* [ASSIGNMENT] Will you transcribe the entries that follow, exactly and in full?

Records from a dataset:
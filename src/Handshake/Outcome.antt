-- ===== src/Handshake/Outcome.antt =====
-- `connect` of a client at a server in any state, and what `Run` does about it.
use securetunnel.Base.{
  ℕ, ◌≡◌, refl, sym, ap, subst, ◌∙◌, ◌<◌, ◌⊎◌, inl, inr, Bool, List, ◌∷◌, Option, none, some, Text,
  text_eq, text_eqb, arith,
}
use securetunnel.Client.Retry.{
  Response, StartError, connect_error, Attempt, RunResult, err_tunnel_closed, result_of, run,
}
use securetunnel.Client.Dial.{
  connected, Values, Url, Dialer, Con, Dialed, AwsClientOptions, AwsClient, client_token, client_of,
  new_aws_client, connect,
}
use securetunnel.Server.Id.{tunnel_id, new_connection_id}
use securetunnel.Server.Tunnel.{Time, Tunnel, Peer, PeerRef, peer, token}
use securetunnel.Server.Store.{get_tunnel, get_connection}
use securetunnel.Server.World.{
  Services, World, Reason, Reply, go, refuse, get_elem?, tunnel_is_closed,
}
use securetunnel.Server.Api.Connect.{TunnelConnectArgs, admit, check, validate}
use securetunnel.Server.Api.Connect.Checks.{Admissible, check-Admissible, check-closed}
use securetunnel.Server.Api.Connect.Registration.{register-go}
use securetunnel.Server.Api.Connect.Again.{admit-go}
use securetunnel.Handshake.{Wire, IsReady, response_of, answered, dial_to}
use securetunnel.Handshake.Bound.{
  IsNamed, args_of, connect_route-client, client_token-IsHeaderValue,
}
use securetunnel.Handshake.Answered.{Verdict, admit-Refuses, response_of-Verdict, closed-Verdict}

validate-args_of :
    {L H : Type 0} (options : AwsClientOptions L H) (client : Text)
    → IsNamed options.mode
    → validate (args_of options client) ≡ none
unfolding validate text_eqb
validate-args_of options client (inl e) = rw e refl
validate-args_of options client (inr e) = rw e refl

admit-check :
    (svc : Services) (args : TunnelConnectArgs) (now : Time) (w : World) (code : ℕ) (why : Reason)
    → validate args ≡ none
    → check args now w ≡ (refuse code why, w)
    → admit svc args now w ≡ (refuse code why, w)
unfolding admit
admit-check svc args now w code why valid e = ground arith

connect-same :
    {L H : Type 0} (f g : Url → Values → Dialer → Dialed) (c : AwsClient L H)
    → f c.endpoint c.request_header c.dialer ≡ g c.endpoint c.request_header c.dialer
    → connect f c ≡ connect g c
unfolding connect
connect-same f g c e = rw (e, connect) refl

run-result :
    (error : StartError) (result : RunResult) (done : Bool) (rest : List Attempt)
    → result_of error ≡ some result
    → run (record { error = error; done = done } ∷ rest) ≡ some result
unfolding run
run-result error result done rest e = rw (e, run) refl

-- A client that is ready, and the state of the server when its request arrives.
module _ {R L H : Type 0} (wire : Wire R) (options : AwsClientOptions L H)
    (reparse : Url → Option Url) (sha256 : Text → List ℕ) (hostname : Option Text) (endpoint : Url)
    (c : AwsClient L H) (ready : IsReady wire options reparse sha256 endpoint)
    (made : new_aws_client reparse sha256 hostname options ≡ some c) (svc : Services) (now : Time)
    (w : World) (quoted : Text) (con : Con) where
  abbrev pub request : TunnelConnectArgs
  request = args_of options (client_token sha256 hostname options.token)

  abbrev pub dial : Url → Values → Dialer → Dialed
  dial = dial_to wire svc now w quoted options.mode (connected con)

  made-client_of : c ≡ client_of options (client_token sha256 hostname options.token) endpoint
  unfolding new_aws_client
  made-client_of = ground (arith, ready.copied)

  dial-client :
      dial c.endpoint c.request_header c.dialer
      ≡ answered quoted options.mode (connected con) (admit svc request now w).0
  dial-client =
      subst
        (λ x.
          dial x.endpoint x.request_header x.dialer
          ≡ answered quoted options.mode (connected con) (admit svc request now w).0)
        (sym made-client_of)
        (ap (λ r. answered quoted options.mode (connected con) r.0)
          (connect_route-client wire ready.faithful options
            (client_token sha256 hostname options.token) endpoint ready.named ready.names_no_mode
            ready.token_ok
            (client_token-IsHeaderValue sha256 hostname options.token ready.returns_bytes) svc now
            w))

  connect-dial :
      (r : Reply Text)
      → (admit svc request now w).0 ≡ r
      → connect dial c ≡ connect (λ _ _ _. answered quoted options.mode (connected con) r) c
  connect-dial r e =
      connect-same dial (λ _ _ _. answered quoted options.mode (connected con) r) c
        (dial-client ∙ ap (answered quoted options.mode (connected con)) e)

  -- If the server refuses the request of a client that is ready, `connect` fails with the answer
  -- and leaves the client as it was; and by the answer `Run` returns that the tunnel is closed,
  -- if that is the reason, or the answer, if the status is another 400, or tries again, if it is
  -- 500.
  pub connect-refused :
      (w' : World) (code : ℕ) (why : Reason)
      → admit svc request now w ≡ (refuse code why, w')
      → (response : Response) × (connect dial c ≡ (some (some response), c))
        × Verdict response code why
  unfolding connect
  connect-refused w' code why e = (
    response_of quoted options.mode code why,
    connect-dial (refuse code why) (ap (λ r. r.0) e),
    response_of-Verdict quoted options.mode code why
        (admit-Refuses svc request now w w' code why e),
  )

  -- If the tunnel of the client's token is stored, the token is that of its mode, and the peer is
  -- free or the client's, but the lifetime of the tunnel is over, then `Run` returns that the tunnel
  -- is closed, whatever would follow.
  pub run-closed :
      (t : Tunnel) (ref : PeerRef) (p : Peer) (done : Bool) (rest : List Attempt)
      → get_tunnel (tunnel_id options.token) w.store ≡ some t
      → options.token ≡ token t options.mode
      → peer t options.mode ≡ some ref
      → get_elem? w.peers ref ≡ some p
      → (p.num_of_conn ≡ 0) ⊎ (p.client_token ≡ request.client_token)
      → t.lifetime_at < now
      → (response : Response) × (connect dial c ≡ (some (some response), c))
        × (run (record { error = connect_error (some response); done = done } ∷ rest)
            ≡ some err_tunnel_closed)
  run-closed t ref p done rest stored own to pointed free over =
      let refused =
        admit-check svc request now w 400 tunnel_is_closed
          (validate-args_of options (client_token sha256 hostname options.token) ready.named)
          (check-closed request now w t ref p stored own to pointed free over) in
      let (response, fails, verdict) = connect-refused w 400 tunnel_is_closed refused in
      (
        response,
        fails,
        run-result (connect_error (some response)) err_tunnel_closed done rest
            (closed-Verdict response verdict),
      )

  -- If the conditions of `TunnelConnect` are met, the connection id can be drawn and is free, and
  -- the tunnel is stored as it was read, then `connect` succeeds, and the client has a connection
  -- which reads at most 131076 bytes of a message.
  pub connect-Admissible :
      (t : Tunnel) (ref : PeerRef) (id : Text) (n : ℕ)
      → Admissible request now w t ref
      → new_connection_id svc.id_token_gen (tunnel_id options.token) svc.draws w.draw ≡ some (id, n)
      → get_connection id w.store ≡ none
      → t.id ≡ tunnel_id options.token
      → connect dial c ≡ (none, record c { con = some (record con { read_limit = some 131_076 }) })
  unfolding connect
  connect-Admissible t ref id n met drawn fresh own =
      let (w', goes, stored, tunnel, taken) =
        register-go svc request now t ref w id n met.found drawn fresh met.pointed
          (subst (λ i. get_tunnel i w.store ≡ some t) (sym own) met.stored) in
      let admitted =
        admit-go svc request now w w' t ref id
          (validate-args_of options (client_token sha256 hostname options.token) ready.named)
          (check-Admissible request now w t ref met) goes in
      connect-dial (go id) (ap (λ r. r.0) admitted)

* [THE ANSWER]
filename src/Handshake/Outcome.antt
-- ===== src/Handshake/Outcome.antt =====
-- `connect` of a client at a server in any state, and what `Run` does about it.
use securetunnel.Base.{
  ℕ, ◌≡◌, refl, sym, ap, subst, ◌∙◌, ◌<◌, ◌⊎◌, inl, inr, Bool, List, ◌∷◌, Option, none, some, Text,
  text_eq, text_eqb, arith,
}
use securetunnel.Client.Retry.{
  Response, StartError, connect_error, Attempt, RunResult, err_tunnel_closed, result_of, run,
}
use securetunnel.Client.Dial.{
  connected, Values, Url, Dialer, Con, Dialed, AwsClientOptions, AwsClient, client_token, client_of,
  new_aws_client, connect,
}
use securetunnel.Server.Id.{tunnel_id, new_connection_id}
use securetunnel.Server.Tunnel.{Time, Tunnel, Peer, PeerRef, peer, token}
use securetunnel.Server.Store.{get_tunnel, get_connection}
use securetunnel.Server.World.{
  Services, World, Reason, Reply, go, refuse, get_elem?, tunnel_is_closed,
}
use securetunnel.Server.Api.Connect.{TunnelConnectArgs, admit, check, validate}
use securetunnel.Server.Api.Connect.Checks.{Admissible, check-Admissible, check-closed}
use securetunnel.Server.Api.Connect.Registration.{register-go}
use securetunnel.Server.Api.Connect.Again.{admit-go}
use securetunnel.Handshake.{Wire, IsReady, response_of, answered, dial_to}
use securetunnel.Handshake.Bound.{
  IsNamed, args_of, connect_route-client, client_token-IsHeaderValue,
}
use securetunnel.Handshake.Answered.{Verdict, admit-Refuses, response_of-Verdict, closed-Verdict}

validate-args_of :
    {L H : Type 0} (options : AwsClientOptions L H) (client : Text)
    → IsNamed options.mode
    → validate (args_of options client) ≡ none
unfolding validate text_eqb
validate-args_of options client (inl e) = rw e refl
validate-args_of options client (inr e) = rw e refl

admit-check :
    (svc : Services) (args : TunnelConnectArgs) (now : Time) (w : World) (code : ℕ) (why : Reason)
    → validate args ≡ none
    → check args now w ≡ (refuse code why, w)
    → admit svc args now w ≡ (refuse code why, w)
unfolding admit
admit-check svc args now w code why valid e = ground arith

connect-same :
    {L H : Type 0} (f g : Url → Values → Dialer → Dialed) (c : AwsClient L H)
    → f c.endpoint c.request_header c.dialer ≡ g c.endpoint c.request_header c.dialer
    → connect f c ≡ connect g c
unfolding connect
connect-same f g c e = rw (e, connect) refl

run-result :
    (error : StartError) (result : RunResult) (done : Bool) (rest : List Attempt)
    → result_of error ≡ some result
    → run (record { error = error; done = done } ∷ rest) ≡ some result
unfolding run
run-result error result done rest e = rw (e, run) refl

-- A client that is ready, and the state of the server when its request arrives.
module _ {R L H : Type 0} (wire : Wire R) (options : AwsClientOptions L H)
    (reparse : Url → Option Url) (sha256 : Text → List ℕ) (hostname : Option Text) (endpoint : Url)
    (c : AwsClient L H) (ready : IsReady wire options reparse sha256 endpoint)
    (made : new_aws_client reparse sha256 hostname options ≡ some c) (svc : Services) (now : Time)
    (w : World) (quoted : Text) (con : Con) where
  abbrev pub request : TunnelConnectArgs
  request = args_of options (client_token sha256 hostname options.token)

  abbrev pub dial : Url → Values → Dialer → Dialed
  dial = dial_to wire svc now w quoted options.mode (connected con)

  made-client_of : c ≡ client_of options (client_token sha256 hostname options.token) endpoint
  unfolding new_aws_client
  made-client_of = ground (arith, ready.copied)

  dial-client :
      dial c.endpoint c.request_header c.dialer
      ≡ answered quoted options.mode (connected con) (admit svc request now w).0
  dial-client =
      subst
        (λ x.
          dial x.endpoint x.request_header x.dialer
          ≡ answered quoted options.mode (connected con) (admit svc request now w).0)
        (sym made-client_of)
        (ap (λ r. answered quoted options.mode (connected con) r.0)
          (connect_route-client wire ready.faithful options
            (client_token sha256 hostname options.token) endpoint ready.named ready.names_no_mode
            ready.token_ok
            (client_token-IsHeaderValue sha256 hostname options.token ready.returns_bytes) svc now
            w))

  connect-dial :
      (r : Reply Text)
      → (admit svc request now w).0 ≡ r
      → connect dial c ≡ connect (λ _ _ _. answered quoted options.mode (connected con) r) c
  connect-dial r e =
      connect-same dial (λ _ _ _. answered quoted options.mode (connected con) r) c
        (dial-client ∙ ap (answered quoted options.mode (connected con)) e)

  -- If the server refuses the request of a client that is ready, `connect` fails with the answer
  -- and leaves the client as it was; and by the answer `Run` returns that the tunnel is closed,
  -- if that is the reason, or the answer, if the status is another 400, or tries again, if it is
  -- 500.
  pub connect-refused :
      (w' : World) (code : ℕ) (why : Reason)
      → admit svc request now w ≡ (refuse code why, w')
      → (response : Response) × (connect dial c ≡ (some (some response), c))
        × Verdict response code why
  unfolding connect
  connect-refused w' code why e = (
    response_of quoted options.mode code why,
    connect-dial (refuse code why) (ap (λ r. r.0) e),
    response_of-Verdict quoted options.mode code why
        (admit-Refuses svc request now w w' code why e),
  )

  -- If the tunnel of the client's token is stored, the token is that of its mode, and the peer is
  -- free or the client's, but the lifetime of the tunnel is over, then `Run` returns that the tunnel
  -- is closed, whatever would follow.
  pub run-closed :
      (t : Tunnel) (ref : PeerRef) (p : Peer) (done : Bool) (rest : List Attempt)
      → get_tunnel (tunnel_id options.token) w.store ≡ some t
      → options.token ≡ token t options.mode
      → peer t options.mode ≡ some ref
      → get_elem? w.peers ref ≡ some p
      → (p.num_of_conn ≡ 0) ⊎ (p.client_token ≡ request.client_token)
      → t.lifetime_at < now
      → (response : Response) × (connect dial c ≡ (some (some response), c))
        × (run (record { error = connect_error (some response); done = done } ∷ rest)
            ≡ some err_tunnel_closed)
  run-closed t ref p done rest stored own to pointed free over =
      let refused =
        admit-check svc request now w 400 tunnel_is_closed
          (validate-args_of options (client_token sha256 hostname options.token) ready.named)
          (check-closed request now w t ref p stored own to pointed free over) in
      let (response, fails, verdict) = connect-refused w 400 tunnel_is_closed refused in
      (
        response,
        fails,
        run-result (connect_error (some response)) err_tunnel_closed done rest
            (closed-Verdict response verdict),
      )

  -- If the conditions of `TunnelConnect` are met, the connection id can be drawn and is free, and
  -- the tunnel is stored as it was read, then `connect` succeeds, and the client has a connection
  -- which reads at most 131076 bytes of a message.
  pub connect-Admissible :
      (t : Tunnel) (ref : PeerRef) (id : Text) (n : ℕ)
      → Admissible request now w t ref
      → new_connection_id svc.id_token_gen (tunnel_id options.token) svc.draws w.draw ≡ some (id, n)
      → get_connection id w.store ≡ none
      → t.id ≡ tunnel_id options.token
      → connect dial c ≡ (none, record c { con = some (record con { read_limit = some 131_076 }) })
  unfolding connect
  connect-Admissible t ref id n met drawn fresh own =
      let (w', goes, stored, tunnel, taken) =
        register-go svc request now t ref w id n met.found drawn fresh met.pointed
          (subst (λ i. get_tunnel i w.store ≡ some t) (sym own) met.stored) in
      let admitted =
        admit-go svc request now w w' t ref id
          (validate-args_of options (client_token sha256 hostname options.token) ready.named)
          (check-Admissible request now w t ref met) goes in
      connect-dial (go id) (ap (λ r. r.0) admitted)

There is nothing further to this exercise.